Dataset entries:

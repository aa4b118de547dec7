-- ===== src/Ait/Transfer/Read.antt =====
-- src/general/ait.cpp, `init_state_trans_table`: the state transfers of the reads.
use vans.Base.{ℕ, true, false, not, Result, ok, ◌>>=◌}
use vans.Common.{read}
use vans.NextLevel.{NextLevel}
use vans.Ait.Entry.{BufferEntry, RequestState}
use vans.Ait.Controller.{
  Core, Event, Duration, count, count_duration, count_next_level_issue_fail, issue_lmemq,
  issue_next_level, next_action, run_callback,
}

module _ {N M : Type 0} (next : NextLevel N) where
  unfoldable pub read_miss_init : ℕ → BufferEntry → ℕ → Core N M → Result (BufferEntry × Core N M)
  read_miss_init block_addr entry curr_clk c =
      issue_next_level next read block_addr entry curr_clk c >>= λ (r, c'). elim r.issued [
        | false ↦ count_next_level_issue_fail entry c'
        | true ↦ ok (
          record entry {
            state = RequestState.pending_read_media;
            pending = true;
            dirty = false;
            valid_to_read = false;
            last_used_clk = curr_clk;
            waiting_action_clk_update = not r.deterministic;
            next_action_clk = next_action r;
          },
          count Event.read_miss c',
        )
      ]

  unfoldable pub read_miss_pending_read_media :
      ℕ → BufferEntry → ℕ → Core N M → Result (BufferEntry × Core N M)
  read_miss_pending_read_media block_addr entry curr_clk c =
      issue_lmemq entry read curr_clk c >>= λ (r, c'). elim r.issued [
        | false ↦ ok (entry, count Event.local_memory_issue_fail c')
        | true ↦ ok (
          record entry {
            state = RequestState.pending_read_dram;
            valid_to_read = true;
            last_used_clk = curr_clk;
            waiting_action_clk_update = not r.deterministic;
            next_action_clk = next_action r;
          },
          count_duration Duration.r_miss_prm curr_clk entry c',
        )
      ]

  unfoldable pub read_miss_pending_read_dram :
      ℕ → BufferEntry → ℕ → Core N M → Result (BufferEntry × Core N M)
  read_miss_pending_read_dram block_addr entry curr_clk c = ok (
    record entry { state = RequestState.end; pending = false; last_used_clk = curr_clk },
    run_callback entry curr_clk (count_duration Duration.r_miss_prd curr_clk entry c),
  )

  unfoldable pub read_hit_init : ℕ → BufferEntry → ℕ → Core N M → Result (BufferEntry × Core N M)
  read_hit_init block_addr entry curr_clk c = issue_lmemq entry read curr_clk c >>= λ (r, c').
      elim r.issued [
        | false ↦ ok (entry, count Event.local_memory_issue_fail c')
        | true ↦ ok (
          record entry {
            state = RequestState.pending_read_dram;
            pending = true;
            valid_to_read = true;
            last_used_clk = curr_clk;
            waiting_action_clk_update = not r.deterministic;
            next_action_clk = next_action r;
          },
          count Event.read_hit c',
        )
      ]

  unfoldable pub read_hit_pending_read_dram :
      ℕ → BufferEntry → ℕ → Core N M → Result (BufferEntry × Core N M)
  read_hit_pending_read_dram block_addr entry curr_clk c = ok (
    record entry { state = RequestState.end; pending = false; last_used_clk = curr_clk },
    run_callback entry curr_clk (count_duration Duration.r_hit_prd curr_clk entry c),
  )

**Task:**
All of the records above need to be copied exactly.

**Output below:**
repository aa4b118de547dec7
-- ===== src/Ait/Transfer/Read.antt =====
-- src/general/ait.cpp, `init_state_trans_table`: the state transfers of the reads.
use vans.Base.{ℕ, true, false, not, Result, ok, ◌>>=◌}
use vans.Common.{read}
use vans.NextLevel.{NextLevel}
use vans.Ait.Entry.{BufferEntry, RequestState}
use vans.Ait.Controller.{
  Core, Event, Duration, count, count_duration, count_next_level_issue_fail, issue_lmemq,
  issue_next_level, next_action, run_callback,
}

module _ {N M : Type 0} (next : NextLevel N) where
  unfoldable pub read_miss_init : ℕ → BufferEntry → ℕ → Core N M → Result (BufferEntry × Core N M)
  read_miss_init block_addr entry curr_clk c =
      issue_next_level next read block_addr entry curr_clk c >>= λ (r, c'). elim r.issued [
        | false ↦ count_next_level_issue_fail entry c'
        | true ↦ ok (
          record entry {
            state = RequestState.pending_read_media;
            pending = true;
            dirty = false;
            valid_to_read = false;
            last_used_clk = curr_clk;
            waiting_action_clk_update = not r.deterministic;
            next_action_clk = next_action r;
          },
          count Event.read_miss c',
        )
      ]

  unfoldable pub read_miss_pending_read_media :
      ℕ → BufferEntry → ℕ → Core N M → Result (BufferEntry × Core N M)
  read_miss_pending_read_media block_addr entry curr_clk c =
      issue_lmemq entry read curr_clk c >>= λ (r, c'). elim r.issued [
        | false ↦ ok (entry, count Event.local_memory_issue_fail c')
        | true ↦ ok (
          record entry {
            state = RequestState.pending_read_dram;
            valid_to_read = true;
            last_used_clk = curr_clk;
            waiting_action_clk_update = not r.deterministic;
            next_action_clk = next_action r;
          },
          count_duration Duration.r_miss_prm curr_clk entry c',
        )
      ]

  unfoldable pub read_miss_pending_read_dram :
      ℕ → BufferEntry → ℕ → Core N M → Result (BufferEntry × Core N M)
  read_miss_pending_read_dram block_addr entry curr_clk c = ok (
    record entry { state = RequestState.end; pending = false; last_used_clk = curr_clk },
    run_callback entry curr_clk (count_duration Duration.r_miss_prd curr_clk entry c),
  )

  unfoldable pub read_hit_init : ℕ → BufferEntry → ℕ → Core N M → Result (BufferEntry × Core N M)
  read_hit_init block_addr entry curr_clk c = issue_lmemq entry read curr_clk c >>= λ (r, c').
      elim r.issued [
        | false ↦ ok (entry, count Event.local_memory_issue_fail c')
        | true ↦ ok (
          record entry {
            state = RequestState.pending_read_dram;
            pending = true;
            valid_to_read = true;
            last_used_clk = curr_clk;
            waiting_action_clk_update = not r.deterministic;
            next_action_clk = next_action r;
          },
          count Event.read_hit c',
        )
      ]

  unfoldable pub read_hit_pending_read_dram :
      ℕ → BufferEntry → ℕ → Core N M → Result (BufferEntry × Core N M)
  read_hit_pending_read_dram block_addr entry curr_clk c = ok (
    record entry { state = RequestState.end; pending = false; last_used_clk = curr_clk },
    run_callback entry curr_clk (count_duration Duration.r_hit_prd curr_clk entry c),
  )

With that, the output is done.